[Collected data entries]

^^^^^^^^^^^^^^^^

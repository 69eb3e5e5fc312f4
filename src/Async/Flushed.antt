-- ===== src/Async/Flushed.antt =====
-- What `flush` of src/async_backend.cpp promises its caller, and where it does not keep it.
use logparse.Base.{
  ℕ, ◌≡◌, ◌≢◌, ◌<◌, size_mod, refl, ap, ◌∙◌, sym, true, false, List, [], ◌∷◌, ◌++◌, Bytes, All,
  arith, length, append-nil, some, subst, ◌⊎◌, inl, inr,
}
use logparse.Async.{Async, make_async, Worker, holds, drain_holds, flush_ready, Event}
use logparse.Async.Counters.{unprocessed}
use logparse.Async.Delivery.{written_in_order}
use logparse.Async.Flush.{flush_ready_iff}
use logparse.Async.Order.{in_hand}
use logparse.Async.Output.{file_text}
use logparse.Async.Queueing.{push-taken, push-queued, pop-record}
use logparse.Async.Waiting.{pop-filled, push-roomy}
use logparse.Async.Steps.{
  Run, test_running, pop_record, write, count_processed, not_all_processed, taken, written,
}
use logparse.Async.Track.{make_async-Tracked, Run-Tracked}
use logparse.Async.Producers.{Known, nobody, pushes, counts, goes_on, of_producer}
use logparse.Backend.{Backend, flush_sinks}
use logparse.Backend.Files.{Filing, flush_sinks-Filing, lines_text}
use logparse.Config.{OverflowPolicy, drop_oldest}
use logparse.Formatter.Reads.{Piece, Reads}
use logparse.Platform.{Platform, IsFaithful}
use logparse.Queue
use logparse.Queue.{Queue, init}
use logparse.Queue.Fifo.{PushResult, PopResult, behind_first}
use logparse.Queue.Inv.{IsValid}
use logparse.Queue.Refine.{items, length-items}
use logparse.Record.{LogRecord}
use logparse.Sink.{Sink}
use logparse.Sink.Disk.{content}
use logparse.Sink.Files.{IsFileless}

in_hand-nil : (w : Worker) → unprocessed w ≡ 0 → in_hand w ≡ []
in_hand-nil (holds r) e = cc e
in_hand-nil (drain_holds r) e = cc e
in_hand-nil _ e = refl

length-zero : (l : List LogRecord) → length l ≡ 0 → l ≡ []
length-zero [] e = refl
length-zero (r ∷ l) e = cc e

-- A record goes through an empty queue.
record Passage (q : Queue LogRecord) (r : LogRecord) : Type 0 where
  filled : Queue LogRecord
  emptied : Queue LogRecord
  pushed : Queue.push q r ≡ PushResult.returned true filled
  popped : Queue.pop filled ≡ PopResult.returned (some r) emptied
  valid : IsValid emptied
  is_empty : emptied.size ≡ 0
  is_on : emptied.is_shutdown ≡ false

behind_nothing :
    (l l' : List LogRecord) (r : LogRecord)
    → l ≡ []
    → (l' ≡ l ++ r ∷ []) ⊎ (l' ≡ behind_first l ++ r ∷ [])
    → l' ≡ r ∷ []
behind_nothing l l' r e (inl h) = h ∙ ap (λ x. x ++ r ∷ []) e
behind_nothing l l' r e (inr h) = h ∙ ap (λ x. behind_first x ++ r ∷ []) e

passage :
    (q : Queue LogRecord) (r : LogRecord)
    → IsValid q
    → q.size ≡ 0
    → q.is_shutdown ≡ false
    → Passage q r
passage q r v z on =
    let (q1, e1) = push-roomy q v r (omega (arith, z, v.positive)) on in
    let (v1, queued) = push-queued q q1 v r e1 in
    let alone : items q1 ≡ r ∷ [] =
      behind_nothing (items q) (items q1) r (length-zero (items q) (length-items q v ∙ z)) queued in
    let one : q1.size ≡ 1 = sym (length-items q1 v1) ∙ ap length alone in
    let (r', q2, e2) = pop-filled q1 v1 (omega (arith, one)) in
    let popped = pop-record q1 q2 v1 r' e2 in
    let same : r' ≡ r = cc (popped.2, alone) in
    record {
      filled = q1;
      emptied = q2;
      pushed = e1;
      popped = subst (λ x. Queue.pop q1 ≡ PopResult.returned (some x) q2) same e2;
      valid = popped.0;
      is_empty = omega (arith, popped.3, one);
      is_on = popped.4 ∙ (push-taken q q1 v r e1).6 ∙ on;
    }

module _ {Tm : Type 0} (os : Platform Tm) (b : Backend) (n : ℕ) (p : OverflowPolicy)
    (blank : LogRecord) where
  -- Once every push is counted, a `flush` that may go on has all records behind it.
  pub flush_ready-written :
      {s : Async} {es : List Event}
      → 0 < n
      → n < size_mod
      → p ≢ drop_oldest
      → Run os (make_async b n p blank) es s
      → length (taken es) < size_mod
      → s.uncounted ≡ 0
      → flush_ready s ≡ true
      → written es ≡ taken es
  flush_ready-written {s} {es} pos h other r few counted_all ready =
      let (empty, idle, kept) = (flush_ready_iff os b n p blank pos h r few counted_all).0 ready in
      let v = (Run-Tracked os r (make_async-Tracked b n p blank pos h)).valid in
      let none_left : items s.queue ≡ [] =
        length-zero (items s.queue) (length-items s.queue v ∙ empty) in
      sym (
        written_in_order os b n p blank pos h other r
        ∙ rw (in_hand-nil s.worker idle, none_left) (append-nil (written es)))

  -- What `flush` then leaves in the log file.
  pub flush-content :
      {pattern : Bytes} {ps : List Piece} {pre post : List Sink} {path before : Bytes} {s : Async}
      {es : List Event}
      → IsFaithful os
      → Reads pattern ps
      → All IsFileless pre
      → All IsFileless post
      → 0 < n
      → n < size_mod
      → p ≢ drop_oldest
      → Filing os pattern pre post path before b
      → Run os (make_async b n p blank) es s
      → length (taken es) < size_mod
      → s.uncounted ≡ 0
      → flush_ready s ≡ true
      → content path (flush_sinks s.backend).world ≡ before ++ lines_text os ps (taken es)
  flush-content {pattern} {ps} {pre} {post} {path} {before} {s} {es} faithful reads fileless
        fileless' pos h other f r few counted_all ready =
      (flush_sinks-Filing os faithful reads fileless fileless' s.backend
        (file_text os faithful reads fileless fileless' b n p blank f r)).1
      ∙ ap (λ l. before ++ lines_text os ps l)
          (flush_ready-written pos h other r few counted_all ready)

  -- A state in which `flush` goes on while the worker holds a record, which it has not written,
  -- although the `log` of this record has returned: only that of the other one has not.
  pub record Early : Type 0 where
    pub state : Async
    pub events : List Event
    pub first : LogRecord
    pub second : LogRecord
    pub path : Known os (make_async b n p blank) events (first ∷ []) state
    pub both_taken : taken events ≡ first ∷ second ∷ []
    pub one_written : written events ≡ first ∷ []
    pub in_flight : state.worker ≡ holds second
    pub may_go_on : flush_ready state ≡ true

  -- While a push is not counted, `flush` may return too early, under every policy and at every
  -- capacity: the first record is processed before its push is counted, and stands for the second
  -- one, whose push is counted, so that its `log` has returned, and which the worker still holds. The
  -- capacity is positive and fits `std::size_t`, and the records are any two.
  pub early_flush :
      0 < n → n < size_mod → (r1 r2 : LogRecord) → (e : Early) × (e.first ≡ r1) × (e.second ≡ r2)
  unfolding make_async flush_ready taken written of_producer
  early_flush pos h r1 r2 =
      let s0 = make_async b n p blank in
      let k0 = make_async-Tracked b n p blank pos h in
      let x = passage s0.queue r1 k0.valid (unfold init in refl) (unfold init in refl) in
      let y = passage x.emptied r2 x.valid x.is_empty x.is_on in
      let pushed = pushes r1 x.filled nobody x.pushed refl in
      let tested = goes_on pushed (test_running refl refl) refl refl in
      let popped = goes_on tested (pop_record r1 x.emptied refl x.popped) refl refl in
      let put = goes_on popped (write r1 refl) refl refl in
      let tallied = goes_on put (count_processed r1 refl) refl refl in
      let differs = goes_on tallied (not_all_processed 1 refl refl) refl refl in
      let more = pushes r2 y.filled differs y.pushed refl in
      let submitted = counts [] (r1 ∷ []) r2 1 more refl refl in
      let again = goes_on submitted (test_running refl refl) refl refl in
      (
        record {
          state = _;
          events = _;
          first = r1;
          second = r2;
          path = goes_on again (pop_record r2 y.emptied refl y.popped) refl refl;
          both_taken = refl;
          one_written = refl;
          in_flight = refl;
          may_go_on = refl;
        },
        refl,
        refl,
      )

^^^^^^^^^^^^^^^^

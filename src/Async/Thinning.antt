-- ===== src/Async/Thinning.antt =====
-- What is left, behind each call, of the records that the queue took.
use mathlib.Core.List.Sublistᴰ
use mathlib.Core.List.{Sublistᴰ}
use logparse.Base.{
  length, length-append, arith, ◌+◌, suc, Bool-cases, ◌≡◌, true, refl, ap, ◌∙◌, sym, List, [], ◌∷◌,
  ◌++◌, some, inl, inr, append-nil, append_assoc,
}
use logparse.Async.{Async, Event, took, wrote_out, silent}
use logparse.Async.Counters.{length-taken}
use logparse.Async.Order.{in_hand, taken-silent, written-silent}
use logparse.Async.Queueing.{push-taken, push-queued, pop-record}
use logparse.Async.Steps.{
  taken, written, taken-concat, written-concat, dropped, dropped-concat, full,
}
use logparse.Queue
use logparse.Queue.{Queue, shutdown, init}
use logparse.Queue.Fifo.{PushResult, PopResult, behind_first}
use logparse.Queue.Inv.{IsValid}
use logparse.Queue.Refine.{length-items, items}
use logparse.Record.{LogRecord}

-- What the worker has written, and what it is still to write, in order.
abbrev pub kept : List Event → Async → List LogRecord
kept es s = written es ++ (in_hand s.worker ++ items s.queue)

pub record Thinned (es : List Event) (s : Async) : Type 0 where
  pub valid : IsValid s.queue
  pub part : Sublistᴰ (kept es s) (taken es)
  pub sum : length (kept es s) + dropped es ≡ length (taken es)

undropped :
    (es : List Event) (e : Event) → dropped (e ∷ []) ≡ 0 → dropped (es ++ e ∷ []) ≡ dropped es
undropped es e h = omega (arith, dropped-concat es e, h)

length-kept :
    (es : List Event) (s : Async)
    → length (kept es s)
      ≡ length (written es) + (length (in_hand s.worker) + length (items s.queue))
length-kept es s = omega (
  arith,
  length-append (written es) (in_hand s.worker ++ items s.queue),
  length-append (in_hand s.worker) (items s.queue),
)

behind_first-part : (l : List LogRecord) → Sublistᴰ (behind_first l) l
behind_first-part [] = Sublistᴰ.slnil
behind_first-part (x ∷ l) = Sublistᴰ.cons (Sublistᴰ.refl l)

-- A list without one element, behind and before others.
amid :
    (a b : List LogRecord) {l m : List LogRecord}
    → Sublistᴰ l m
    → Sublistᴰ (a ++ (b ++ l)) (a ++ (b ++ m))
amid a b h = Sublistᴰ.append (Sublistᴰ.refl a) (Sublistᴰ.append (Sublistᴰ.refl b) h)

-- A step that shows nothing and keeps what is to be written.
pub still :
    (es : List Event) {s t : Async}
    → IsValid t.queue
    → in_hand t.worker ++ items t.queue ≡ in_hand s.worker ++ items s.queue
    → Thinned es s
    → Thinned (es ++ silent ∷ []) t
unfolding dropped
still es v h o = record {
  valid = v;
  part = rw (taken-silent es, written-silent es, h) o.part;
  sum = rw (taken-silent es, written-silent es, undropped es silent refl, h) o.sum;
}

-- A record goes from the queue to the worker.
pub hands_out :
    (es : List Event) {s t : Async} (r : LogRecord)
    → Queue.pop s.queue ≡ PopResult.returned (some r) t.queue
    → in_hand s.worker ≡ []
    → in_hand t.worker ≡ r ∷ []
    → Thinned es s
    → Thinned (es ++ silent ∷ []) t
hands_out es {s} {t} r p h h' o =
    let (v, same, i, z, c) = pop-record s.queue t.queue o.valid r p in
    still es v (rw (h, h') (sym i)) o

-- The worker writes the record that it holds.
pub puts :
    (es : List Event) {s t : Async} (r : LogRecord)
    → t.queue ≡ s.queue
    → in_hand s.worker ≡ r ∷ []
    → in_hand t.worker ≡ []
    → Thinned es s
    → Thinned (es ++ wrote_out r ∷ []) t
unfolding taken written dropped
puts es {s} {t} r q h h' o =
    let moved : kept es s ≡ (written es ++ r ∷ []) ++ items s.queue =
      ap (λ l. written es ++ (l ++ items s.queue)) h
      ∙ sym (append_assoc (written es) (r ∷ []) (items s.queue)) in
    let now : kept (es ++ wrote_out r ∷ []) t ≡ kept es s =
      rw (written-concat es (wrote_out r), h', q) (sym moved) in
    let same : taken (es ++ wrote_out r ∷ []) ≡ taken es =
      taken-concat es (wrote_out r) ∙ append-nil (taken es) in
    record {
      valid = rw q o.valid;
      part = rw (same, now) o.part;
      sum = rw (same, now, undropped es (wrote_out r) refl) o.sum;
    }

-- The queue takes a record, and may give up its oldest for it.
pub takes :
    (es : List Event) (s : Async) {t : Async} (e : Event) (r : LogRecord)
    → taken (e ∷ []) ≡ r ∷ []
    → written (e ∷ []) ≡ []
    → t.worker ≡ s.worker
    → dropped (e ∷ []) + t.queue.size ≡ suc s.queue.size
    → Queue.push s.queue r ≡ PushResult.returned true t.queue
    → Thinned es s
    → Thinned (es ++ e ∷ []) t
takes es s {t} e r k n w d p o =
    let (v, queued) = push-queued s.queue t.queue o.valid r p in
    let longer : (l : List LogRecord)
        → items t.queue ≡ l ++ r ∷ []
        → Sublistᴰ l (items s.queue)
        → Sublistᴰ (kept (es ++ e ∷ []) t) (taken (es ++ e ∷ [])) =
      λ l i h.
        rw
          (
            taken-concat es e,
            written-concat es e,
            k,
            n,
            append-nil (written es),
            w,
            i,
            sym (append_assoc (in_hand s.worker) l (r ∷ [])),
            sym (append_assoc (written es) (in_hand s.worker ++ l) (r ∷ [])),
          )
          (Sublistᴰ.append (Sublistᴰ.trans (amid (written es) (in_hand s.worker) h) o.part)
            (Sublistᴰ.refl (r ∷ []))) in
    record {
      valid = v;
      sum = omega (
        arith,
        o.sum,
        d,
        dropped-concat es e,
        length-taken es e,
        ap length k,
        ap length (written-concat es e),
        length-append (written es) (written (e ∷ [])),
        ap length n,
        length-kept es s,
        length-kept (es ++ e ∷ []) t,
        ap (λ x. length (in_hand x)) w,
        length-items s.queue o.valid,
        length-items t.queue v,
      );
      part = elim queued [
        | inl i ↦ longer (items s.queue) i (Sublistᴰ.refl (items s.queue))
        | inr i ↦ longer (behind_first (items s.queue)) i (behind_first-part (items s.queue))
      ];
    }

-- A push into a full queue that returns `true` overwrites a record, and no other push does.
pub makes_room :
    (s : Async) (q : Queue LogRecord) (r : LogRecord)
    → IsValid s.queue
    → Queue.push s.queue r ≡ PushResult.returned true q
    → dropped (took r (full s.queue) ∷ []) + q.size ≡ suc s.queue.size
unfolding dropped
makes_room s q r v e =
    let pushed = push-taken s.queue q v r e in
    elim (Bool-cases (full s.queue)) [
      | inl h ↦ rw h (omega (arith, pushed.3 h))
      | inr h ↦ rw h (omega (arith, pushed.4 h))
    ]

^^^^^^^^^^^^^^^^

Pull together all lines from the data that mention the word "pushed".

  pushed : Queue.push q r ≡ PushResult.returned true filled
      pushed = e1;
      let pushed = pushes r1 x.filled nobody x.pushed refl in
      let tested = goes_on pushed (test_running refl refl) refl refl in
      let more = pushes r2 y.filled differs y.pushed refl in
    let pushed = push-taken s.queue q v r e in
      | inl h ↦ rw h (omega (arith, pushed.3 h))
      | inr h ↦ rw h (omega (arith, pushed.4 h))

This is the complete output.